=== Source material ===

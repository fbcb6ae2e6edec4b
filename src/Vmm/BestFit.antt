-- ===== src/Vmm/BestFit.antt =====
-- `first_fit` on a map in the order of its keys: the smallest area that is large enough.
use silicium_rs.Base.{
  ap, subst, ℕ, ◌+◌, ◌<◌, ◌≤◌, ◌≡◌, ◌⊎◌, inl, inr, some, [], ◌∷◌, ltb, leb, ◌==◌, arith,
  Option-cases, Bool-cases,
}
use mathlib.Core.Option.{some-injective}
use silicium_rs.Vmm.{VirtualArea, FreeMap, push_free, first_fit}
use silicium_rs.Vmm.Areas.{IsFreeMap}

abbrev pub AllAbove : ℕ → FreeMap → Type 0
AllAbove k [] = Unit {0}
AllAbove k ((l, vs) ∷ m) = (k < l) × AllAbove k m

-- The keys ascend.
abbrev pub IsSorted : FreeMap → Type 0
IsSorted [] = Unit {0}
IsSorted ((k, vs) ∷ m) = AllAbove k m × IsSorted m

-- Every area under a key is too small, or at least of the length `n`.
abbrev pub Least : ℕ → ℕ → FreeMap → Type 0
Least size n [] = Unit {0}
Least size n ((k, []) ∷ m) = Least size n m
Least size n ((k, v ∷ vs) ∷ m) = ((k < size) ⊎ (n ≤ k)) × Least size n m

Least-AllAbove : (size k n : ℕ) (m : FreeMap) → n ≤ k → AllAbove k m → Least size n m
Least-AllAbove size k n [] h a = tt
Least-AllAbove size k n ((l, []) ∷ m) h a = Least-AllAbove size k n m h a.1
Least-AllAbove size k n ((l, v ∷ vs) ∷ m) h a =
    (inr (omega (arith, a.0)), Least-AllAbove size k n m h a.1)

AllAbove-push_free :
    (k l : ℕ) (v : VirtualArea) (m : FreeMap) → k < l → AllAbove k m → AllAbove k (push_free l v m)
unfolding push_free
AllAbove-push_free k l v [] h a = (h, tt)
AllAbove-push_free k l v ((i, vs) ∷ m) h a = elim (Bool-cases (l == i)) [
  | inl p ↦ rw p (a.0, a.1)
  | inr p ↦ elim (Bool-cases (ltb l i)) [
    | inl q ↦ rw (p, q) (h, (a.0, a.1))
    | inr q ↦ rw (p, q) (a.0, AllAbove-push_free k l v m h a.1)
  ]
]

AllAbove-le : (k l : ℕ) (m : FreeMap) → l < k → AllAbove k m → AllAbove l m
AllAbove-le k l [] h a = tt
AllAbove-le k l ((i, vs) ∷ m) h a = (omega (arith, a.0), AllAbove-le k l m h a.1)

-- The keys still ascend after an insertion.
pub push_free-IsSorted :
    (l : ℕ) (v : VirtualArea) (m : FreeMap) → IsSorted m → IsSorted (push_free l v m)
unfolding push_free
push_free-IsSorted l v [] s = (tt, tt)
push_free-IsSorted l v ((i, vs) ∷ m) s = elim (Bool-cases (l == i)) [
  | inl p ↦ rw p s
  | inr p ↦ elim (Bool-cases (ltb l i)) [
    | inl q ↦ let lt : l < i = ground arith in rw (p, q) ((lt, AllAbove-le i l m lt s.0), s)
    | inr q ↦
        let lt : i < l = ground arith in
        rw (p, q) (AllAbove-push_free i l v m lt s.0, push_free-IsSorted l v m s.1)
  ]
]

-- On a map whose keys ascend and are the sizes of the areas below them, the area that `first_fit`
-- takes is large enough, and every other free area is too small or at least as large.
pub first_fit-Least :
    (size : ℕ) (m m' : FreeMap) (v : VirtualArea)
    → IsFreeMap m
    → IsSorted m
    → first_fit size m ≡ some (v, m')
    → (n : ℕ) × (v.range.end ≡ v.range.start + n) × (size ≤ n) × Least size n m
unfolding first_fit
first_fit-Least size [] m' v w s e = cc
first_fit-Least size ((k, []) ∷ m) m' v w s e = elim (Option-cases (first_fit size m)) [
  | inl q ↦ absurd (ground (arith, e, q))
  | inr (r, q) ↦
      let taken = ap (λ z. z.0) (some-injective _ _ (rw q at e)) in
      let (n, sz, fits, least) = first_fit-Least size m r.1 r.0 w.1 s.1 q in
      (n, subst (λ (u : VirtualArea). u.range.end ≡ u.range.start + n) taken sz, fits, least)
]
first_fit-Least size ((k, u ∷ vs) ∷ m) m' v w s e = elim (Bool-cases (leb size k)) [
  | inl p ↦
      let taken = ap (λ z. z.0) (some-injective _ _ (rw p at e)) in
      (
        k,
        subst (λ (a : VirtualArea). a.range.end ≡ a.range.start + k) taken w.0.0.1,
        ground arith,
        (inr (omega arith), Least-AllAbove size k k m (omega arith) s.0),
      )
  | inr p ↦ elim (Option-cases (first_fit size m)) [
    | inl q ↦ absurd (ground (arith, e, p, q))
    | inr (r, q) ↦
        let taken = ap (λ z. z.0) (some-injective _ _ (rw (p, q) at e)) in
        let (n, sz, fits, least) = first_fit-Least size m r.1 r.0 w.1 s.1 q in
        (
          n,
          subst (λ (a : VirtualArea). a.range.end ≡ a.range.start + n) taken sz,
          fits,
          (inl (ground arith), least),
        )
  ]
]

===

(Work to be completed)
Go through the records and repeat each one exactly as written.

(Answer area)
repository fbcb6ae2e6edec4b
filename src/Vmm/BestFit.antt
-- ===== src/Vmm/BestFit.antt =====
-- `first_fit` on a map in the order of its keys: the smallest area that is large enough.
use silicium_rs.Base.{
  ap, subst, ℕ, ◌+◌, ◌<◌, ◌≤◌, ◌≡◌, ◌⊎◌, inl, inr, some, [], ◌∷◌, ltb, leb, ◌==◌, arith,
  Option-cases, Bool-cases,
}
use mathlib.Core.Option.{some-injective}
use silicium_rs.Vmm.{VirtualArea, FreeMap, push_free, first_fit}
use silicium_rs.Vmm.Areas.{IsFreeMap}

abbrev pub AllAbove : ℕ → FreeMap → Type 0
AllAbove k [] = Unit {0}
AllAbove k ((l, vs) ∷ m) = (k < l) × AllAbove k m

-- The keys ascend.
abbrev pub IsSorted : FreeMap → Type 0
IsSorted [] = Unit {0}
IsSorted ((k, vs) ∷ m) = AllAbove k m × IsSorted m

-- Every area under a key is too small, or at least of the length `n`.
abbrev pub Least : ℕ → ℕ → FreeMap → Type 0
Least size n [] = Unit {0}
Least size n ((k, []) ∷ m) = Least size n m
Least size n ((k, v ∷ vs) ∷ m) = ((k < size) ⊎ (n ≤ k)) × Least size n m

Least-AllAbove : (size k n : ℕ) (m : FreeMap) → n ≤ k → AllAbove k m → Least size n m
Least-AllAbove size k n [] h a = tt
Least-AllAbove size k n ((l, []) ∷ m) h a = Least-AllAbove size k n m h a.1
Least-AllAbove size k n ((l, v ∷ vs) ∷ m) h a =
    (inr (omega (arith, a.0)), Least-AllAbove size k n m h a.1)

AllAbove-push_free :
    (k l : ℕ) (v : VirtualArea) (m : FreeMap) → k < l → AllAbove k m → AllAbove k (push_free l v m)
unfolding push_free
AllAbove-push_free k l v [] h a = (h, tt)
AllAbove-push_free k l v ((i, vs) ∷ m) h a = elim (Bool-cases (l == i)) [
  | inl p ↦ rw p (a.0, a.1)
  | inr p ↦ elim (Bool-cases (ltb l i)) [
    | inl q ↦ rw (p, q) (h, (a.0, a.1))
    | inr q ↦ rw (p, q) (a.0, AllAbove-push_free k l v m h a.1)
  ]
]

AllAbove-le : (k l : ℕ) (m : FreeMap) → l < k → AllAbove k m → AllAbove l m
AllAbove-le k l [] h a = tt
AllAbove-le k l ((i, vs) ∷ m) h a = (omega (arith, a.0), AllAbove-le k l m h a.1)

-- The keys still ascend after an insertion.
pub push_free-IsSorted :
    (l : ℕ) (v : VirtualArea) (m : FreeMap) → IsSorted m → IsSorted (push_free l v m)
unfolding push_free
push_free-IsSorted l v [] s = (tt, tt)
push_free-IsSorted l v ((i, vs) ∷ m) s = elim (Bool-cases (l == i)) [
  | inl p ↦ rw p s
  | inr p ↦ elim (Bool-cases (ltb l i)) [
    | inl q ↦ let lt : l < i = ground arith in rw (p, q) ((lt, AllAbove-le i l m lt s.0), s)
    | inr q ↦
        let lt : i < l = ground arith in
        rw (p, q) (AllAbove-push_free i l v m lt s.0, push_free-IsSorted l v m s.1)
  ]
]

-- On a map whose keys ascend and are the sizes of the areas below them, the area that `first_fit`
-- takes is large enough, and every other free area is too small or at least as large.
pub first_fit-Least :
    (size : ℕ) (m m' : FreeMap) (v : VirtualArea)
    → IsFreeMap m
    → IsSorted m
    → first_fit size m ≡ some (v, m')
    → (n : ℕ) × (v.range.end ≡ v.range.start + n) × (size ≤ n) × Least size n m
unfolding first_fit
first_fit-Least size [] m' v w s e = cc
first_fit-Least size ((k, []) ∷ m) m' v w s e = elim (Option-cases (first_fit size m)) [
  | inl q ↦ absurd (ground (arith, e, q))
  | inr (r, q) ↦
      let taken = ap (λ z. z.0) (some-injective _ _ (rw q at e)) in
      let (n, sz, fits, least) = first_fit-Least size m r.1 r.0 w.1 s.1 q in
      (n, subst (λ (u : VirtualArea). u.range.end ≡ u.range.start + n) taken sz, fits, least)
]
first_fit-Least size ((k, u ∷ vs) ∷ m) m' v w s e = elim (Bool-cases (leb size k)) [
  | inl p ↦
      let taken = ap (λ z. z.0) (some-injective _ _ (rw p at e)) in
      (
        k,
        subst (λ (a : VirtualArea). a.range.end ≡ a.range.start + k) taken w.0.0.1,
        ground arith,
        (inr (omega arith), Least-AllAbove size k k m (omega arith) s.0),
      )
  | inr p ↦ elim (Option-cases (first_fit size m)) [
    | inl q ↦ absurd (ground (arith, e, p, q))
    | inr (r, q) ↦
        let taken = ap (λ z. z.0) (some-injective _ _ (rw (p, q) at e)) in
        let (n, sz, fits, least) = first_fit-Least size m r.1 r.0 w.1 s.1 q in
        (
          n,
          subst (λ (a : VirtualArea). a.range.end ≡ a.range.start + n) taken sz,
          fits,
          (inl (ground arith), least),
        )
  ]
]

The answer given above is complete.